Stored data entries:
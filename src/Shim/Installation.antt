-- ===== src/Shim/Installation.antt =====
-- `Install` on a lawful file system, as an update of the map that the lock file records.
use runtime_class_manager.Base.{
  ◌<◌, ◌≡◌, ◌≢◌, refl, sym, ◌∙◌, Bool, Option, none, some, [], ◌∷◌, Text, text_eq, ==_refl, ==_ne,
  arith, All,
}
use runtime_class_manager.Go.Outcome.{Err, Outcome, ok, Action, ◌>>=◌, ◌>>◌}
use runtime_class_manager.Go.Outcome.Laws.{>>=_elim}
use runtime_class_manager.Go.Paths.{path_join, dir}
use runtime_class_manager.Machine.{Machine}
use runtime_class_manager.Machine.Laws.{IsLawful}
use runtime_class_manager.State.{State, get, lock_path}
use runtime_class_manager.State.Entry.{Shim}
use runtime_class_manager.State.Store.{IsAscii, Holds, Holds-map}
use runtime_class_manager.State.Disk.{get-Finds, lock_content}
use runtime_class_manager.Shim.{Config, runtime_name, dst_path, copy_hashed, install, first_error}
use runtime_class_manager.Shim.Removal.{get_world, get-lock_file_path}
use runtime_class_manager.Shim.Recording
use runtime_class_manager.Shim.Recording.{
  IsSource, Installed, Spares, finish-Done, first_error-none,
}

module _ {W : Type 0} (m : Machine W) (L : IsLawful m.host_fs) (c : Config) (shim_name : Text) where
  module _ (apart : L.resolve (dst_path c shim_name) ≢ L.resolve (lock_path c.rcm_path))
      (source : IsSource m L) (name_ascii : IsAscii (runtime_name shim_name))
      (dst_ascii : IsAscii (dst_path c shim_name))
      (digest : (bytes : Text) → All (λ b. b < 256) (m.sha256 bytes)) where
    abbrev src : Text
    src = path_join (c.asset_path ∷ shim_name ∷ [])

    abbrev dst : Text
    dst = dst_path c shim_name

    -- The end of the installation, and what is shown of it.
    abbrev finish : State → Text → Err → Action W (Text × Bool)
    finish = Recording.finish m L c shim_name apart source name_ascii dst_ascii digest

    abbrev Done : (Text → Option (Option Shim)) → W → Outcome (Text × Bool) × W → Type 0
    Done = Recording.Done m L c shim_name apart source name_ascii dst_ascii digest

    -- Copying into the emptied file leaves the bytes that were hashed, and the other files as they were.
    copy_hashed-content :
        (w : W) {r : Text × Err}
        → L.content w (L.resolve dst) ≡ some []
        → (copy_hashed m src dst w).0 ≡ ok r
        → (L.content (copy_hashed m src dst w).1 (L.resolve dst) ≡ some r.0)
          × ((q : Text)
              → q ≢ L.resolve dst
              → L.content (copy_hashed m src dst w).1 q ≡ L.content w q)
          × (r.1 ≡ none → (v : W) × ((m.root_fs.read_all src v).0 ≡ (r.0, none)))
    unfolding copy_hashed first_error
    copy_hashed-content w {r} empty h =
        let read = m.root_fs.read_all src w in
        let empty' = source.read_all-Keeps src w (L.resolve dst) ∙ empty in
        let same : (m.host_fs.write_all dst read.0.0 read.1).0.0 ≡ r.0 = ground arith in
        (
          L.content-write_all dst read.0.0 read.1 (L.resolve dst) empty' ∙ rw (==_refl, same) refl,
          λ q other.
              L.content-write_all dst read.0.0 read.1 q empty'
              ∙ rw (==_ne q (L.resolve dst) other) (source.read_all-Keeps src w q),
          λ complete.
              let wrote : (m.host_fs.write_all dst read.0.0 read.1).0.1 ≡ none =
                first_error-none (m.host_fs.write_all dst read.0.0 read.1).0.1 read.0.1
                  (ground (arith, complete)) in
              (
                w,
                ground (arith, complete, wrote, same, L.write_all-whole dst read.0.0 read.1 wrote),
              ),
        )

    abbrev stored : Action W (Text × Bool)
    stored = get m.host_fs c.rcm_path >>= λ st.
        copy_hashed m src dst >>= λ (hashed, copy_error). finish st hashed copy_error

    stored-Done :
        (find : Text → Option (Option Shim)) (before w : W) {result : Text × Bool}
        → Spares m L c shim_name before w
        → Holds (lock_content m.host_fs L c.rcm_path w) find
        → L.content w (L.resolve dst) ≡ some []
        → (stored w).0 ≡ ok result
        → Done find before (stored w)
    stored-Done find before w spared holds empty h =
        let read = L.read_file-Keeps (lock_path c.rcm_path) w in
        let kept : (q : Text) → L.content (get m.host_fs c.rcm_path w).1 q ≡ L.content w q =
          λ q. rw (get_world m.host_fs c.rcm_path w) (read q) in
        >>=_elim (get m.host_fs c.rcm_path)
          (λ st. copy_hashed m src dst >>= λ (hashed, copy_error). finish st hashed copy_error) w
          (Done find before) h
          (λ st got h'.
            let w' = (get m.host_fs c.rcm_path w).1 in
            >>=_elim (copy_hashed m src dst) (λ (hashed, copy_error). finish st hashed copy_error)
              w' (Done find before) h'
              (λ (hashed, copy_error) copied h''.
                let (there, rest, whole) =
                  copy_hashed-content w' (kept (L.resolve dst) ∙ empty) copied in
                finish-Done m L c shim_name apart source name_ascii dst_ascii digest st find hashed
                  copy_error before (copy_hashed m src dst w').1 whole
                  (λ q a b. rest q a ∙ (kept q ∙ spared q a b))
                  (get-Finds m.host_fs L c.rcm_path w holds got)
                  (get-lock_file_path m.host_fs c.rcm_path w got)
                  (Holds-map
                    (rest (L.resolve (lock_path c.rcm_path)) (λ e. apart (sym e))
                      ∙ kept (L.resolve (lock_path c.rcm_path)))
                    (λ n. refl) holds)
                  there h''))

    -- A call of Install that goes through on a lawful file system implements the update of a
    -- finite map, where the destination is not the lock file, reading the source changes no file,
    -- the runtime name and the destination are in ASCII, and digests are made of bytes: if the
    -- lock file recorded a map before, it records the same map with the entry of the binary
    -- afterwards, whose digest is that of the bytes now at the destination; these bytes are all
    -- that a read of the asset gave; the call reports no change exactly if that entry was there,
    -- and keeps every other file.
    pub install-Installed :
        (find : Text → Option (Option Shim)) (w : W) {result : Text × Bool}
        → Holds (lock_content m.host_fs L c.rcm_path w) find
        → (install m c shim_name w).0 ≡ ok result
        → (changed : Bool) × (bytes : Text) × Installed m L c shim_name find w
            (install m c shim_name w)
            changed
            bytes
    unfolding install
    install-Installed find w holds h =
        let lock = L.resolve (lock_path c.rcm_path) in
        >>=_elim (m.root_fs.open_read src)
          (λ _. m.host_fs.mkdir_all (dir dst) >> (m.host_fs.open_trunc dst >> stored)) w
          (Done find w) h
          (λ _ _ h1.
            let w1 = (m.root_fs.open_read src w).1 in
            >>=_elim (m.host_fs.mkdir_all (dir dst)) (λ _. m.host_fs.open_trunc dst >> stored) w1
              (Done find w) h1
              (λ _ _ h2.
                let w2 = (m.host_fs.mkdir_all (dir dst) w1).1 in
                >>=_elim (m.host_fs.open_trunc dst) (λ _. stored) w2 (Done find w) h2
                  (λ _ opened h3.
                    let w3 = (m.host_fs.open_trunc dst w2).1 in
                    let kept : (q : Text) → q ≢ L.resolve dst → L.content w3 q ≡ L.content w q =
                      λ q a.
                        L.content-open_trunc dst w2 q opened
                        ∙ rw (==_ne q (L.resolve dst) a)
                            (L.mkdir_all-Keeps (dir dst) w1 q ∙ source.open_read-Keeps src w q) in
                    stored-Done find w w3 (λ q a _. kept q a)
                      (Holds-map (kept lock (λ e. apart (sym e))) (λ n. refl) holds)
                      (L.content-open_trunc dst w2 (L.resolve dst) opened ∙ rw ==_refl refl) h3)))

• WHAT THE EXERCISE ASKS: Pull together all lines from the data that mention the word "module".

• RESPONSE TO THIS TASK:
module _ {W : Type 0} (m : Machine W) (L : IsLawful m.host_fs) (c : Config) (shim_name : Text) where
  module _ (apart : L.resolve (dst_path c shim_name) ≢ L.resolve (lock_path c.rcm_path))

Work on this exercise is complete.